Мама. Меня нет. Но складывается впечатление, что меня никогда и не было. И вообще нас не было никого.
Я. Было.
Отец. И прошло.
Я. Помнится.
Мама. И забыто.
Часть вторая
Чай со страхом
Как я был греком…
Много раз я делал попытки написать автобиографию. Но всегда чего-то не хватало, чтобы поставить точку. Бывало, пишешь-пишешь, а на следующий день всё устаревает. Появляется что-то новое — надо опять его отражать… Какая-то жуткая канитель.
В конце концов я решил, что жизнь нескончаема. Моя во всяком случае. И потому, что бы я ни написал, это будут отрывки из обрывков.
Например, какое-то время своей советской жизни я был греком. По паспорту. А паспорт — серьезный документ, которому нельзя не верить. Известен, к примеру, случай, когда паспортистка в милиции ошиблась и в графе «национальность» написала слово «еврей» через два «р». То есть получилось, что все евреи как евреи, а этот несчастный всю оставшуюся жизнь был «евррррей». Потому что эти его два «р» слышались как четыре минимум. Представляете, какое счастье он испытывал, особенно в сталинские времена.
В те же годы, рассказывают, другая паспортистка в той же графе опрометчиво написала «иудей», поскольку еврейский человек, к которому она обратилась с вопросом «что писать», с юморком, достойным лучшего применения, сказал в милицейскую форточку:
— Я иудей.
Она так и записала. По слуху. Тогда этот еврейский человек, поняв в ужасе, какую злостную ошибку он совершил, стал требовать немедленного исправления.
Паспортистка испугалась не меньше и что-то подтерла во второй букве, что-то приписала, и получилось в результате слово «индей».
К ее удивлению, еврейский человек стал прыгать от счастья и, схватив свой отныне редкий паспорт, бросился бежать из советской милиции с криком (про себя): «Прощай, проклятое прошлое!.. Здравствуй, новая жизнь!»
И вот теперь мой, не менее жуткий, случай.

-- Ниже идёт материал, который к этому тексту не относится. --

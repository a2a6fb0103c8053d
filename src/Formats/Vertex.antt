-- ===== src/Formats/Vertex.antt =====
-- The vertex format table of protocol/src/gravity_formats.c and its lookups.
use gravity_gpu_project.Prelude.{ℕ, List, [], ◌∷◌, ◌==◌, if◌then◌else◌}
use gravity_gpu_project.Formats.Metal.{
  VertexFormat, vertex_format, vertex_float, vertex_float2, vertex_float3, vertex_float4,
  vertex_uchar4, vertex_uchar4_norm, vertex_short2, vertex_short4, vertex_half2, vertex_half4,
  vertex_int, vertex_int2, vertex_int3, vertex_int4, vertex_uint,
}
use gravity_gpu_project.Formats.Vulkan.{
  VkFormat, vk_format, gvk_r32_sfloat_v, gvk_r32g32_sfloat_v, gvk_r32g32b32_sfloat,
  gvk_r32g32b32a32_sfloat_v, gvk_r8g8b8a8_uint, gvk_r8g8b8a8_unorm_v, gvk_r16g16_sint,
  gvk_r16g16b16a16_sint, gvk_r16g16_sfloat_v, gvk_r16g16b16a16_sfloat_v, gvk_r32_sint,
  gvk_r32g32_sint, gvk_r32g32b32_sint, gvk_r32g32b32a32_sint, gvk_r32_uint_v, gvk_undefined,
}

-- `vertex_format_entry_t`
pub record VertexEntry : Type 0 where
  pub metal_fmt : VertexFormat
  pub vk_fmt : VkFormat
  pub size_bytes : ℕ

abbrev row : VertexFormat → VkFormat → ℕ → VertexEntry
row m v n = record { metal_fmt = m; vk_fmt = v; size_bytes = n }

abbrev pub vertex_format_table : List VertexEntry
vertex_format_table =
    row vertex_float gvk_r32_sfloat_v 4
    ∷ row vertex_float2 gvk_r32g32_sfloat_v 8
    ∷ row vertex_float3 gvk_r32g32b32_sfloat 12
    ∷ row vertex_float4 gvk_r32g32b32a32_sfloat_v 16
    ∷ row vertex_uchar4 gvk_r8g8b8a8_uint 4
    ∷ row vertex_uchar4_norm gvk_r8g8b8a8_unorm_v 4
    ∷ row vertex_short2 gvk_r16g16_sint 4
    ∷ row vertex_short4 gvk_r16g16b16a16_sint 8
    ∷ row vertex_half2 gvk_r16g16_sfloat_v 4
    ∷ row vertex_half4 gvk_r16g16b16a16_sfloat_v 8
    ∷ row vertex_int gvk_r32_sint 4
    ∷ row vertex_int2 gvk_r32g32_sint 8
    ∷ row vertex_int3 gvk_r32g32b32_sint 12
    ∷ row vertex_int4 gvk_r32g32b32a32_sint 16
    ∷ row vertex_uint gvk_r32_uint_v 4
    ∷ []

abbrev pub find_vertex_vk : List VertexEntry → ℕ → ℕ
find_vertex_vk [] fmt = vk_format gvk_undefined
find_vertex_vk (e ∷ es) fmt =
    let rest = find_vertex_vk es fmt in
    if vertex_format e.metal_fmt == fmt then vk_format e.vk_fmt else rest

abbrev pub find_vertex_size : List VertexEntry → ℕ → ℕ
find_vertex_size [] fmt = 0
find_vertex_size (e ∷ es) fmt =
    let rest = find_vertex_size es fmt in
    if vertex_format e.metal_fmt == fmt then e.size_bytes else rest

unfoldable pub metal_to_vk_vertex_format : ℕ → ℕ
metal_to_vk_vertex_format fmt = find_vertex_vk vertex_format_table fmt

unfoldable pub vertex_format_size : ℕ → ℕ
vertex_format_size fmt = find_vertex_size vertex_format_table fmt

Дело в том, что моя мама — гречанка. Наполовину. Она родилась в г. Анапе, где есть красивые «Греческие ворота», через которые каждый, кто проходит, становится немножечко греком.
Вот и я в своей жизни что-то подобное испытал — стал, можно сказать, временным греком.
Я не виноват, так само получилось.
Ну, грек так грек. Хоть и временный, а все же лучше, чем еврей, даже с одним «р».
А причина в чем?.. В том, что родился я в 1937 году. 3 апреля.
Прибавьте 16. Получается — что?.. 1953!..
Итак, 4 апреля 1953 года я должен был идти в советскую милицию, чтобы получить то, что потом мог доставать из широких штанин, ибо узкие брюки были запрещены («какой ты русский в брючках узких?» — помнится, спрашивал впоследствии поэт поэта).
Я, между прочим, тогда учился в школе, в девятом классе. Месяц назад умер товарищ Сталин, на столе которого, по слухам, уже лежал план депортации всех московских евреев на свою внеисторическую родину Биробиджан… И главная доносчица по делу врачей Лидия Тимашук еще ходила с продырявленным лацканом для ордена Ленина — оставалось еще несколько недель до того момента, как эту награду родины за антисемитизм какая-то уже другая родина у нее отберет.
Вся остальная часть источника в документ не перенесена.